Although Health Insurance Exchanges are not going to actually be implemented until January of 2014 it will be helpful for you to have ready answers for clients and insurance prospects you advise in the interim. And by January 2013 states are required to inform the federal government if they will be ready to operate an insurance exchange one year later.
So let’s take a closer look at the Health Insurance Exchange rules set forth in the Affordable Care Act (ACA).
The ACA creates state-based Health Insurance Exchanges administered by a governmental agency or non-profit organization, through which individuals and small businesses with up to 100 employees can purchase qualified coverage. In 2014 and beyond most Americans who work for small businesses or obtain their coverage in the individual health insurance market will do so through health insurance exchanges.
- Those covered by grandfathered plans and
- Those covered by self-funded plans (this will apply to very few businesses)
States also have discretion to allow businesses with more than 100 employees to purchase coverage in the Exchanges beginning in 2017. In addition, states may opt to allow the federal government to establish an Exchange in their state rather than implement their own. Another possibility allowed by the ACA is for states to form regional Exchanges or allow more than one Exchange to operate in a state as long as each Exchange serves a distinct geographic area.
The ACA specifically requires all new policies (except stand-alone dental, vision, and long-term care insurance plans), including those offered through the Exchanges and those offered outside of the Exchanges, to comply with one of the four benefit categories. Existing individual and employer-sponsored plans that achieve Grandfather Status do not have to meet the new benefit standards.
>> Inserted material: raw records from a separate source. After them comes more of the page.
-- ===== src/Cloud/Attempts.antt =====
-- doover/src/api/data.rs, `DataClient::request`: how often a request is sent, what it returns and how long it
-- waits, whatever the server answers.
use doover_rs.Base.{
  ℕ, zero, suc, ◌+◌, ◌*◌, ◌%◌, ◌^◌, ◌≤◌, ◌≡◌, refl, ap, String, Option, none, some, List, [], ◌∷◌,
  length, arith,
}
use native.Mathlib.Nat.{mul-le-mul_left}
use doover_rs.Base.Text.{append}
use doover_rs.Errors.{DooverError, Result}
use doover_rs.Cloud.{
  HttpRequest, Server, Sent, Verdict, finished, again, verdict, pause, after_attempt, attempts,
  request, DataClient, Method,
}
use doover_rs.Json.{Value}

-- The waits added up.
abbrev pub total : List ℕ → ℕ
total [] = 0
total (n ∷ ns) = n + total ns

module _ {N : Type 0} where
  -- The attempts before one that the server lets be tried again, and it.
  abbrev pub IsTried : Server N → HttpRequest N → ℕ → ℕ → Type 0
  IsTried server r attempt zero = Unit
  IsTried server r attempt (suc n) =
      ((e : DooverError) × (verdict (server r attempt) ≡ again e))
      × IsTried server r (suc attempt) n

  module _ (server : Server N) (delay : ℕ) (r : HttpRequest N) where
    length-after_attempt :
        (left : ℕ) (waits : List ℕ) (v : Verdict N)
        (retry : DooverError → Sent N (Option (Value N)))
        → ((e : DooverError) → length (retry e).requests ≤ left)
        → length (after_attempt r waits v retry).requests ≤ suc left
    length-after_attempt left waits (finished result) retry h = omega arith
    length-after_attempt left waits (again e) retry h = let k = h e in omega (arith, k)

    length-attempts :
        (left attempt : ℕ) (last : Option DooverError)
        → length (attempts server delay r left attempt last).requests ≤ left
    unfolding attempts
    length-attempts zero attempt last = omega arith
    length-attempts (suc left) attempt last =
        length-after_attempt left (pause left delay attempt) (verdict (server r attempt))
          (λ e. attempts server delay r left (suc attempt) (some e))
          (λ e. length-attempts left (suc attempt) (some e))

    -- One step of the loop, by what the answer to the attempt is.
    attempts_again :
        (left attempt : ℕ) (last : Option DooverError) (e : DooverError)
        → verdict (server r attempt) ≡ again e
        → attempts server delay r (suc left) attempt last
          ≡ after_attempt r
              (pause left delay attempt)
              (again e)
              (λ e. attempts server delay r left (suc attempt) (some e))
    unfolding attempts
    attempts_again left attempt last e h =
        ap
          (λ v.
            after_attempt r (pause left delay attempt) v
              (λ e. attempts server delay r left (suc attempt) (some e)))
          h

    attempts_ended :
        (left attempt : ℕ) (last : Option DooverError)
        (result : Result DooverError (Option (Value N)))
        → verdict (server r attempt) ≡ finished result
        → attempts server delay r (suc left) attempt last
          ≡ record { requests = r ∷ []; waits = []; result = result }
    unfolding attempts
    attempts_ended left attempt last result h =
        ap
          (λ v.
            after_attempt r (pause left delay attempt) v
              (λ e. attempts server delay r left (suc attempt) (some e)))
          h

    -- After `n` attempts that may be tried again, one that ends the request ends it.
    attempts_finished :
        (n left attempt : ℕ) (last : Option DooverError)
        (result : Result DooverError (Option (Value N)))
        → IsTried server r attempt n
        → verdict (server r (attempt + n)) ≡ finished result
        → ((attempts server delay r (n + suc left) attempt last).result ≡ result)
          × (length (attempts server delay r (n + suc left) attempt last).requests ≡ suc n)
    attempts_finished zero left attempt last result tried h =
        let none_yet : 0 + suc left ≡ suc left = omega arith in
        let here : attempt + 0 ≡ attempt = omega arith in
        rw (none_yet) (rw (attempts_ended left attempt last result (rw (here) at h)) (refl, refl))
    attempts_finished (suc n) left attempt last result ((e, tried), more) h =
        let shift : attempt + suc n ≡ suc attempt + n = omega arith in
        let grown : suc n + suc left ≡ suc (n + suc left) = omega arith in
        let rest = attempts_finished n left (suc attempt) (some e) result more (rw (shift) at h) in
        rw (grown) (rw (attempts_again (n + suc left) attempt last e tried) (rest.0, ap suc rest.1))

    -- A wait is at most the delay doubled at each attempt before it.
    wait-le : (attempt : ℕ) → delay * (2 ^ attempt % 2 ^ 32) ≤ delay * 2 ^ attempt
    wait-le attempt =
        let cut : 2 ^ attempt % 2 ^ 32 ≤ 2 ^ attempt = omega arith in mul-le-mul_left delay cut

    doubled : (attempt : ℕ) → delay * 2 ^ suc attempt ≡ delay * 2 ^ attempt + delay * 2 ^ attempt
    doubled attempt = grind arith

    doubled-le : (k attempt : ℕ) → delay * 2 ^ attempt ≤ delay * 2 ^ (attempt + k)
    doubled-le zero attempt = let e : attempt + 0 ≡ attempt = omega arith in rw (e) (omega arith)
    doubled-le (suc k) attempt =
        let e : attempt + suc k ≡ suc (attempt + k) = omega arith in
        rw (e) (omega (arith, doubled (attempt + k), doubled-le k attempt))

    total-after_attempt :
        (left attempt : ℕ) (v : Verdict N) (retry : DooverError → Sent N (Option (Value N)))
        → ((e : DooverError)
            → total (retry e).waits + delay * 2 ^ suc attempt ≤ delay * 2 ^ (suc attempt + left))
        → total (after_attempt r (pause (suc left) delay attempt) v retry).waits
            + delay * 2 ^ attempt
          ≤ delay * 2 ^ (attempt + suc left)
    total-after_attempt left attempt (finished result) retry h =
        let k = doubled-le (suc left) attempt in omega (arith, k)
    total-after_attempt left attempt (again e) retry h =
        let shift : attempt + suc left ≡ suc attempt + left = omega arith in
        rw (shift) (omega (arith, h e, wait-le attempt, doubled attempt))

    last-after_attempt :
        (attempt : ℕ) (last : Option DooverError) (v : Verdict N)
        → total (after_attempt r [] v (λ e. attempts server delay r 0 (suc attempt) (some e))).waits
            + delay * 2 ^ attempt
          ≤ delay * 2 ^ (attempt + 0)
    unfolding attempts
    last-after_attempt attempt last (finished result) = omega (arith, doubled-le 0 attempt)
    last-after_attempt attempt last (again e) = omega (arith, doubled-le 0 attempt)

    total-attempts :
        (left attempt : ℕ) (last : Option DooverError)
        → total (attempts server delay r (suc left) attempt last).waits + delay * 2 ^ attempt
          ≤ delay * 2 ^ (attempt + left)
    unfolding attempts
    total-attempts zero attempt last = last-after_attempt attempt last (verdict (server r attempt))
    total-attempts (suc left) attempt last =
        total-after_attempt left attempt (verdict (server r attempt))
          (λ e. attempts server delay r (suc left) (suc attempt) (some e))
          (λ e. total-attempts left (suc attempt) (some e))

  module _ (server : Server N) (c : DataClient) (method : Method) (path : String)
      (body : Option (Value N)) (query : List (String × String)) where
    -- The request with the headers that the client puts on it.
    abbrev pub sent_request : HttpRequest N
    sent_request = record {
      method = method;
      url = append c.base_url path;
      body = body;
      query = query;
      token = c.token;
      organisation_id = c.organisation_id;
    }

    -- Whatever the server answers, a request of a client with at least one attempt ends: it is sent at
    -- most `max_retries` times, and its waits add up to less than the delay doubled at each retry,
    -- unless the delay is zero.
    pub request_bounds :
        (n : ℕ)
        → c.max_retries ≡ suc n
        → (length (request server c method path body query).requests ≤ c.max_retries)
          × (total (request server c method path body query).waits + c.retry_delay
              ≤ c.retry_delay * 2 ^ n)
    unfolding request
    request_bounds n h =
        let t = total-attempts server c.retry_delay sent_request n 0 none in
        let start : 0 + n ≡ n = omega arith in
        let t' = rw (start) at t in
        let same = ap (λ m. total (attempts server c.retry_delay sent_request m 0 none).waits) h in
        (
          length-attempts server c.retry_delay sent_request c.max_retries 0 none,
          omega (arith, t', same),
        )

    -- A request returns the first answer that is no server error and no failed connection, after sending
    -- itself once for each answer up to it, if an attempt is left when that answer comes.
    pub request_settled :
        (n left : ℕ) (result : Result DooverError (Option (Value N)))
        → c.max_retries ≡ n + suc left
        → IsTried server sent_request 0 n
        → verdict (server sent_request n) ≡ finished result
        → ((request server c method path body query).result ≡ result)
          × (length (request server c method path body query).requests ≡ suc n)
    unfolding request
    request_settled n left result h tried answer =
        let start : 0 + n ≡ n = omega arith in
        rw (h) (
          attempts_finished server c.retry_delay sent_request n left 0 none result tried
            (rw (start) answer))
This provision becomes effective January 1, 2014 at the same time the Exchanges become operational.
Benefit Mandates (also effective Jan. 1, 2014):
- Limit deductibles for health plans in the small group market to $2,000 for individuals and $4,000 for families unless contributions are offered that offset deductible amounts above these limits. This deductible limit will not affect the actuarial value of any plans.
- Limit any waiting periods for coverage to 90 days.
- Allow states the option of merging the individual and small group markets.
- Create an essential health benefits package that provides a comprehensive set of services, covers at least 60% of the actuarial value of the covered benefits, limits annual cost-sharing to the current law HSA limits ($5,950/individual and $11,900/family in 2010), and is not more extensive than the typical employer plan.
- Require all qualified health benefits plans, including those offered through the Exchanges and those offered in the individual and small group markets outside the Exchanges, except grandfathered individual and employer-sponsored plans, to offer at least the essential health benefits package.
- The states are also required in the individual and small group markets (including the Exchnages) to offer four distinct benefit tiers that cover at least 90%, 80%, 70%, and 60% respectively of the actuarial value of the covered benefits similar to what is listed above in describing the essential benefits package.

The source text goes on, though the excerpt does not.